Thankfully, luck had been with him. David Abijah had fed the fishes that night. He was no longer a problem that Orion had to deal with.
But yes, this was the reason the excitement had faded. Abijah had tracked him tirelessly, especially after his father had thrown himself on a suicide bomber.
Orion shook his head. He hadn’t enjoyed killing the boy. There had been something in those black eyes that touched Orion. A strength, a flame of determination. A look very similar to the look that had been in Ariela’s eyes.
The memory of that look rather reminded him of the man Risa Clay had moved into her apartment. He hadn’t seen his eyes, but Orion had seen his face clearly. There was a stamp of determination and arrogance on it that had sent a chill up his spine.
What a bit of timing there, he thought angrily as he tapped his latex-covered fingers on the metal table.
The little wretch hadn’t even looked at a man in the six years she had been out of the asylum; now, she had a lover—a very experienced, intuitive lover. One who had disposed of the bugs Orion had placed in her apartment. After a single night at some club, a friend of a friend had managed to pick her up, and to move in with her.

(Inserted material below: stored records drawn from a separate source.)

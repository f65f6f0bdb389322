-- ===== src/Music/Playlists/Importing.antt =====
-- What an import of features/music/playlists.py stores, and how it is loaded again.
use cywl_oopz.Prelude.{
  ==_refl, ◌+◌, nat_beq, suc, nat_beq_iff, ap, All, refl, ℕ, ◌≡◌, ◌≤◌, arith, Bool, true, false,
  List, [], ◌∷◌, ◌++◌, map, length, Option, some, ok, Result, Bool-cases, Result-cases, inl, inr,
}
use cywl_oopz.Prelude.Text.{Text, strip}
use cywl_oopz.Commands.Parsing.{is_empty}
use cywl_oopz.Music.Models.{MusicTrack}
use cywl_oopz.Music.Playlists.Rows
use cywl_oopz.Music.Playlists.Rows.{
  create_with_tracks, new_playlist, playlist_with, find_playlist, enumerate, order_by_position,
}
use cywl_oopz.Music.Playlists.Tables.{
  Tables, PlaylistRow, TrackRow, MusicPlaylist, is_of, is_playlist,
}
use cywl_oopz.Music.Playlists.Contents.{Unused}
use cywl_oopz.Music.Playlists.Numbering
use cywl_oopz.Music.Playlists.Identities.{keep-unused}
use cywl_oopz.Music.Playlists.Service
use cywl_oopz.Music.Playlists.Service.{
  ServiceError, normalize_name, area_id, ActorContext, NeteasePlaylistSnapshot,
  NeteasePlaylistImport, tracks_of, skipped_track_count,
}
use cywl_oopz.Music.Playlists.Imports.{
  imported, chosen_name, Source, preview_netease, check_snapshot, import_netease,
}

find_playlist-last :
    (area : Text) (p : PlaylistRow) (ps : List PlaylistRow)
    → All (λ (q : PlaylistRow). nat_beq q.id p.id ≡ false) ps
    → is_playlist area p.id p ≡ true
    → find_playlist area p.id (ps ++ p ∷ []) ≡ some p
unfolding find_playlist
find_playlist-last area p [] h own = ground (arith, own)
find_playlist-last area p (q ∷ ps) h own = ground (arith, h.0, find_playlist-last area p ps h.1 own)

tracks-enumerate :
    (now : ℕ) (ids : ℕ → ℕ) (id : ℕ) (by : Text) (n : ℕ) (tracks : List MusicTrack)
    → map (λ (r : TrackRow). r.track) (enumerate now ids id by n tracks) ≡ tracks
unfolding enumerate
tracks-enumerate now ids id by n [] = refl
tracks-enumerate now ids id by n (track ∷ tracks) =
    ap (track ∷◌) (tracks-enumerate now ids id by (n + 1) tracks)

length-enumerate :
    (now : ℕ) (ids : ℕ → ℕ) (id : ℕ) (by : Text) (n : ℕ) (tracks : List MusicTrack)
    → length (enumerate now ids id by n tracks) ≡ length tracks
unfolding enumerate
length-enumerate now ids id by n [] = refl
length-enumerate now ids id by n (track ∷ tracks) =
    ap suc (length-enumerate now ids id by (n + 1) tracks)

-- What get loads after create_with_tracks.
pub get-create_with_tracks :
    (now id : ℕ) (ids : ℕ → ℕ) (area name normalized : Text) (tracks : List MusicTrack) (by : Text)
    (t : Tables)
    → Unused id t.playlists t.tracks
    → let p = new_playlist now id area name normalized by in
      let entries = enumerate now ids id by 1 tracks in
      Rows.get area id (record { playlists = t.playlists ++ p ∷ []; tracks = t.tracks ++ entries })
      ≡ some (playlist_with p entries)
unfolding Rows.get
get-create_with_tracks now id ids area name normalized tracks by t fresh =
    let p = new_playlist now id area name normalized by in
    let entries = enumerate now ids id by 1 tracks in
    rw
      (
        find_playlist-last area p t.playlists fresh.0
            (rw ((nat_beq_iff id id).1 refl, ==_refl area) refl),
        Numbering.keep-append (is_of id) t.tracks entries,
        (keep-unused id t.tracks fresh.1).0,
        Numbering.keep-enumerate now ids id id by 1 tracks,
        (nat_beq_iff id id).1 refl,
        Numbering.order-Numbered 1 entries (Numbering.Numbered-enumerate now ids id by 1 tracks),
      )
      refl

create_with_tracks-ok :
    (now id : ℕ) (ids : ℕ → ℕ) (area name normalized : Text) (tracks : List MusicTrack) (by : Text)
    (max_tracks : ℕ) (t t' : Tables) (playlist : MusicPlaylist)
    → create_with_tracks now id ids area name normalized tracks by max_tracks t ≡ ok (playlist, t')
    → let p = new_playlist now id area name normalized by in
      let entries = enumerate now ids id by 1 tracks in
      (length tracks ≤ max_tracks)
      × (playlist ≡ playlist_with p entries)
      × (t' ≡ record { playlists = t.playlists ++ p ∷ []; tracks = t.tracks ++ entries })
unfolding create_with_tracks
create_with_tracks-ok now id ids area name normalized tracks by max_tracks t t' playlist e =
    ground (arith, e)

-- Nothing is skipped without leave to.
check_snapshot-whole :
    (limit : ℕ) (allow_partial : Bool) (snapshot : NeteasePlaylistSnapshot)
    → check_snapshot limit allow_partial snapshot ≡ ok tt
    → allow_partial ≡ false
    → snapshot.declared_track_count ≤ length snapshot.tracks
unfolding check_snapshot
check_snapshot-whole limit allow_partial snapshot e full = ground (arith, e, full)

-- The outcome of an import, and what the caller then loads.
pub record IsImported (identity : ActorContext) (id limit : ℕ) (allow_partial : Bool)
    (snapshot : NeteasePlaylistSnapshot) (outcome : NeteasePlaylistImport) (t : Tables)
    : Type 0 where
  pub kept : tracks_of outcome.playlist ≡ snapshot.tracks
  pub within : length outcome.playlist.entries ≤ limit
  pub whole : allow_partial ≡ false → skipped_track_count outcome ≡ 0
  pub stored : Service.get identity id t ≡ ok outcome.playlist

import_ok :
    (snapshot : NeteasePlaylistSnapshot) (playlist : MusicPlaylist) (t : Tables)
    (outcome : NeteasePlaylistImport) (t' : Tables)
    → ◌≡◌ {A = Result ServiceError (NeteasePlaylistImport × Tables)}
        (ok (imported snapshot (playlist, t)))
        (ok (outcome, t'))
    → (outcome ≡ (imported snapshot (playlist, t)).0) × (t' ≡ t)
import_ok snapshot playlist t outcome t' e = ground (arith, e)

imported-IsImported :
    (limit now id : ℕ) (ids : ℕ → ℕ) (identity : ActorContext) (normalized title : Text)
    (allow_partial : Bool) (t t' : Tables) (snapshot : NeteasePlaylistSnapshot)
    (playlist : MusicPlaylist)
    → Unused id t.playlists t.tracks
    → is_empty (strip identity.conversation.area_id) ≡ false
    → check_snapshot limit allow_partial snapshot ≡ ok tt
    → create_with_tracks now id ids
        (strip identity.conversation.area_id)
        title
        normalized
        snapshot.tracks
        identity.person_id
        limit
        t
      ≡ ok (playlist, t')
    → IsImported identity id limit allow_partial snapshot (imported snapshot (playlist, t')).0 t'
unfolding area_id Service.get
imported-IsImported limit now id ids identity normalized title allow_partial t t' snapshot playlist
      fresh given checked created =
    let area = strip identity.conversation.area_id in
    let by = identity.person_id in
    let (short, same, later) =
      create_with_tracks-ok now id ids area title normalized snapshot.tracks by limit t t' playlist
        created in
    let counted = length-enumerate now ids id by 1 snapshot.tracks in
    rw (same, later)
      (record {
        kept = tracks-enumerate now ids id by 1 snapshot.tracks;
        within = rw counted short;
        whole = λ full.
            rw counted
              (omega (arith, check_snapshot-whole limit allow_partial snapshot checked full));
        stored =
            rw
              (
                given,
                get-create_with_tracks now id ids area title normalized snapshot.tracks by t fresh,
              )
              refl;
      })

-- An import that succeeds has stored the source's tracks, all of them and in their order, within
-- the limit, and unless a part was allowed, none that the source declares is missing. The playlist
-- that it returns is what the caller then loads under its identity, which no row had before.
pub import_netease-get :
    (nfkc casefold : Text → Text) (source : Option Source) (limit now id : ℕ) (ids : ℕ → ℕ)
    (identity : ActorContext) (reference : Text) (name : Option Text) (allow_partial : Bool)
    (t t' : Tables) (snapshot : NeteasePlaylistSnapshot) (outcome : NeteasePlaylistImport)
    → Unused id t.playlists t.tracks
    → preview_netease source limit reference ≡ ok snapshot
    → import_netease nfkc casefold source limit now id ids identity reference name allow_partial t
      ≡ ok (outcome, t')
    → IsImported identity id limit allow_partial snapshot outcome t'
unfolding import_netease area_id Service.get
import_netease-get nfkc casefold source limit now id ids identity reference name allow_partial t t'
      snapshot outcome fresh previewed e =
    let area = strip identity.conversation.area_id in
    let chosen = chosen_name name snapshot.name in
    elim (Bool-cases (is_empty area)) [
      | inl none_given ↦ ground (arith, e, none_given)
      | inr given ↦ elim (Result-cases (check_snapshot limit allow_partial snapshot)) [
        | inr (problem, refused) ↦ ground (arith, e, given, previewed, refused)
        | inl (tt, checked) ↦ elim (Result-cases (normalize_name nfkc casefold chosen)) [
          | inr (problem, refused) ↦ ground (arith, e, given, previewed, checked, refused)
          | inl (names, named) ↦
              elim (Result-cases (
                create_with_tracks now id ids area names.0 names.1 snapshot.tracks
                  identity.person_id limit t)) [
                    | inr (problem, refused) ↦
                        ground (arith, e, given, previewed, checked, named, refused)
                    | inl ((playlist, t''), created) ↦
                        let (same, later) =
                          import_ok snapshot playlist t'' outcome t'
                            (ground (arith, e, given, previewed, checked, named, created)) in
                        rw (same, later)
                          (imported-IsImported limit now id ids identity names.1 names.0
                            allow_partial t t'' snapshot playlist fresh given checked created)
                  ]
        ]
      ]
    ]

He’d learned that much. And she had Navy SEALs for friends. That had caused him a moment’s hesitation when he had identified them. Retired SEALs, but SEALs were SEALs until the day they died. Perhaps even beyond. They were like a plague that refused to go away when they were riled.
He’d nearly backed out of this deal, but he’d never backed out of a deal with this particular employer. It wasn’t possible.
Shaking his head, he moved to his opened laptop and once again clicked through the digital pictures he had taken of them.
The man wore glasses; Orion had yet to see his eyes or snap a picture of them. The identification program Orion used didn’t work very well with glasses. So far, it had pulled up only five pictures and two were of dead men, Abijah being one of them.
He was going to have to talk to the programmer he had bought it from. Or perhaps not. It was his last job; he was going to make certain of it.
He stared at the couple again, tilted his head, and stared at the woman. Was that a flash of prettiness in her face as she stared up at the man who walked with her? She looked furious, yet there was a hint of prettiness there that Orion hadn’t seen before.
It had to be a trick of the light, he thought. He’d seen many pictures of her, and never had he seen this, this something that made him wonder if she wasn’t so very ugly after all.